> _About this task_
Look through the material below. Return exactly the lines from the one with "sift bsize t (o" through the one with "all_distinct n d used before [] = true", both included.

━━━━━━━━━━

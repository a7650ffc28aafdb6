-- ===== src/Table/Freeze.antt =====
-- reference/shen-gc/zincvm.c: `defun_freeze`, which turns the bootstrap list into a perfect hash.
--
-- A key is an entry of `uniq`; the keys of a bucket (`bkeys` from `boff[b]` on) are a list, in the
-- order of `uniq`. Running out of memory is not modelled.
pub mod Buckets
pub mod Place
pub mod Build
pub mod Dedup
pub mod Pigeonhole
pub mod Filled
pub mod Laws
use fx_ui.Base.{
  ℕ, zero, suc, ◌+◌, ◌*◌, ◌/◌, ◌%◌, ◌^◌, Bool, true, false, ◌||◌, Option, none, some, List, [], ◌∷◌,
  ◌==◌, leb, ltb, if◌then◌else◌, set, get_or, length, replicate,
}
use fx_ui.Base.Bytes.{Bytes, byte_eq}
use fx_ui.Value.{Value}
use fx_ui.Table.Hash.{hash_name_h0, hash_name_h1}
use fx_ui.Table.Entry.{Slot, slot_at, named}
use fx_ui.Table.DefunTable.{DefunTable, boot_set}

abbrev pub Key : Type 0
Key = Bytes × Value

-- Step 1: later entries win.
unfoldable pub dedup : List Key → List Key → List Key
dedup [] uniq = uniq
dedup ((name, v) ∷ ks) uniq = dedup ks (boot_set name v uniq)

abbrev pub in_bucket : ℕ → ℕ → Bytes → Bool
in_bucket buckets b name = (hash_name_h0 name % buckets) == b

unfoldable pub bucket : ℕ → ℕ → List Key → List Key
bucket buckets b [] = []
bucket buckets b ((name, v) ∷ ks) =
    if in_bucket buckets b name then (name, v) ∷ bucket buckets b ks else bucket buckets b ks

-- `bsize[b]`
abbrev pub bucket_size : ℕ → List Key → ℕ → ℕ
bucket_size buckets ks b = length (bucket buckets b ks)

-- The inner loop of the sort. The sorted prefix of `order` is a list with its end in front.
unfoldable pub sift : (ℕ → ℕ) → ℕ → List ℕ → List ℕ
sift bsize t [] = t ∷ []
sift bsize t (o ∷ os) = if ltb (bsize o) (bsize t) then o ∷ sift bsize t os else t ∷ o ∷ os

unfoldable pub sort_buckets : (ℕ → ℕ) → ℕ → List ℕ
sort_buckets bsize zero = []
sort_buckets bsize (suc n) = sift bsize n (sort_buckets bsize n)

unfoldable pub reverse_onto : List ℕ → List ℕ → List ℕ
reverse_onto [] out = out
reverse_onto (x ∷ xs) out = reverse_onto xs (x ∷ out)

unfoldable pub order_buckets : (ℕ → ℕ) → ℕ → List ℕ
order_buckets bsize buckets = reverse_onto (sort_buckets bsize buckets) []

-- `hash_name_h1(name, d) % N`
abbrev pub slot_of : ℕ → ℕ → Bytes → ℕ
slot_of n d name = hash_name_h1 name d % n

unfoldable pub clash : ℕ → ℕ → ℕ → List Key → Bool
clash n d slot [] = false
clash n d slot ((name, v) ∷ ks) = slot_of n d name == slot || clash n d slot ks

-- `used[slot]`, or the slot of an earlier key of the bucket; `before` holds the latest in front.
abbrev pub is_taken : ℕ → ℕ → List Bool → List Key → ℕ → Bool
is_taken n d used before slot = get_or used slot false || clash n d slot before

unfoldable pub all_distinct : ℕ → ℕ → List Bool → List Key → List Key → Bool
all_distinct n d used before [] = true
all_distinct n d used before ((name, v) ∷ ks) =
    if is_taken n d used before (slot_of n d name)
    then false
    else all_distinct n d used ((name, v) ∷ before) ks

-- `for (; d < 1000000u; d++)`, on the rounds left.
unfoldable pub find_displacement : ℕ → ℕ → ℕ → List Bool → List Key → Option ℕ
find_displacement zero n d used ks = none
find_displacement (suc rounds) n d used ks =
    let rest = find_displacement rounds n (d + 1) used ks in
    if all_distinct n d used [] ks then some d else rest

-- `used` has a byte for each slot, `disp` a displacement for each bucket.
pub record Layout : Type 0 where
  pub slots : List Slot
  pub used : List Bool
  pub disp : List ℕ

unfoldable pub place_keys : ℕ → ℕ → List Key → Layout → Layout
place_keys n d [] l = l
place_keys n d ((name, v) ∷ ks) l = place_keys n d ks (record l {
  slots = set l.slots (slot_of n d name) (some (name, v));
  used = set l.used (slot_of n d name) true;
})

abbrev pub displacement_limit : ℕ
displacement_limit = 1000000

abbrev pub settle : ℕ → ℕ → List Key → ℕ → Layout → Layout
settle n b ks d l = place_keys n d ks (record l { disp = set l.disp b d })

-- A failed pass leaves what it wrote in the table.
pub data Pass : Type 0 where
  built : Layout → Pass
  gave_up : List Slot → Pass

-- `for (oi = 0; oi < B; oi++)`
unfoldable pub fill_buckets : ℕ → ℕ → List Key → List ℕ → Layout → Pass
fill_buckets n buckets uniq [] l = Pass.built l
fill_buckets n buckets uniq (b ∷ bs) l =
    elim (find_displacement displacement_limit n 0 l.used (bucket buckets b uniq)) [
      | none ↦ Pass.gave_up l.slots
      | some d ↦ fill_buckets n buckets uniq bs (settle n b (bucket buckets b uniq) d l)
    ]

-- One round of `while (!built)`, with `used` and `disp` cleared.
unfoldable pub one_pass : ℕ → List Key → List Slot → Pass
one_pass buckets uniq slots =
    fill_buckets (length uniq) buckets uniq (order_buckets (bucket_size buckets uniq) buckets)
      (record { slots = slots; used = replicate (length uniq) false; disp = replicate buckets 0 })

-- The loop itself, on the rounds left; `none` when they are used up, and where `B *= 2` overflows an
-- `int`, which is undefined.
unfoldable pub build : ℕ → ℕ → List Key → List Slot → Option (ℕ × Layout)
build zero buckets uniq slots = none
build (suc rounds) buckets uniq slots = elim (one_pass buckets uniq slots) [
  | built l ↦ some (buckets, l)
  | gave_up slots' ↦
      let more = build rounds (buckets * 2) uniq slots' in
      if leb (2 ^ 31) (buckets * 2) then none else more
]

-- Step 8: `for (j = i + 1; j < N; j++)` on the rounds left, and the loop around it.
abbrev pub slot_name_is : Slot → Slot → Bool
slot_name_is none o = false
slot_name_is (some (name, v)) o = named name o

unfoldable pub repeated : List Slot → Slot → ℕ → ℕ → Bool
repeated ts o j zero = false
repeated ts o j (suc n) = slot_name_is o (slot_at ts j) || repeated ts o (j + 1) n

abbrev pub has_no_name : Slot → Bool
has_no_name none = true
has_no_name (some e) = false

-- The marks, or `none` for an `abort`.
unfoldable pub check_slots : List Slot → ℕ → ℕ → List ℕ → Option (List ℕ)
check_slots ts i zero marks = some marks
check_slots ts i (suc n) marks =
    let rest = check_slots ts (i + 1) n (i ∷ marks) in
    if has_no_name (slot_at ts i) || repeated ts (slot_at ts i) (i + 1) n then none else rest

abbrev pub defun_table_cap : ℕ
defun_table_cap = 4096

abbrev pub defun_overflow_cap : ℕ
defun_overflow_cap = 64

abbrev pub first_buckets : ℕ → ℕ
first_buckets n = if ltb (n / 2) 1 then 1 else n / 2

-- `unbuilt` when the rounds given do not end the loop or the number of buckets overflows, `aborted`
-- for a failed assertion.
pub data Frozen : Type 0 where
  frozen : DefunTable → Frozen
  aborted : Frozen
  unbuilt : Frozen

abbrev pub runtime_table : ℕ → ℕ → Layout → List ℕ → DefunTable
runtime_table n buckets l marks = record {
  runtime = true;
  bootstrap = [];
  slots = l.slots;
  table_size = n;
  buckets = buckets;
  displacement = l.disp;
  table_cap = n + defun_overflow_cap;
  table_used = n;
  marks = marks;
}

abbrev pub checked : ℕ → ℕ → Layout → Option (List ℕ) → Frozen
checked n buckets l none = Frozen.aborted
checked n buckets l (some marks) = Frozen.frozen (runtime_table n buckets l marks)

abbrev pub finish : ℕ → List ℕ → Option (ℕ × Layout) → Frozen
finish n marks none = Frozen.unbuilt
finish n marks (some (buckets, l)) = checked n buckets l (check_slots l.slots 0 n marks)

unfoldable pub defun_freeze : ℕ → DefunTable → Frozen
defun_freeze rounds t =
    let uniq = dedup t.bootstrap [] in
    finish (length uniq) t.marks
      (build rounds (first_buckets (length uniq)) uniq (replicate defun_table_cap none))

━━━━━━━━━━

> _Response for this exercise_
sift bsize t (o ∷ os) = if ltb (bsize o) (bsize t) then o ∷ sift bsize t os else t ∷ o ∷ os

unfoldable pub sort_buckets : (ℕ → ℕ) → ℕ → List ℕ
sort_buckets bsize zero = []
sort_buckets bsize (suc n) = sift bsize n (sort_buckets bsize n)

unfoldable pub reverse_onto : List ℕ → List ℕ → List ℕ
reverse_onto [] out = out
reverse_onto (x ∷ xs) out = reverse_onto xs (x ∷ out)

unfoldable pub order_buckets : (ℕ → ℕ) → ℕ → List ℕ
order_buckets bsize buckets = reverse_onto (sort_buckets bsize buckets) []

-- `hash_name_h1(name, d) % N`
abbrev pub slot_of : ℕ → ℕ → Bytes → ℕ
slot_of n d name = hash_name_h1 name d % n

unfoldable pub clash : ℕ → ℕ → ℕ → List Key → Bool
clash n d slot [] = false
clash n d slot ((name, v) ∷ ks) = slot_of n d name == slot || clash n d slot ks

-- `used[slot]`, or the slot of an earlier key of the bucket; `before` holds the latest in front.
abbrev pub is_taken : ℕ → ℕ → List Bool → List Key → ℕ → Bool
is_taken n d used before slot = get_or used slot false || clash n d slot before

unfoldable pub all_distinct : ℕ → ℕ → List Bool → List Key → List Key → Bool
all_distinct n d used before [] = true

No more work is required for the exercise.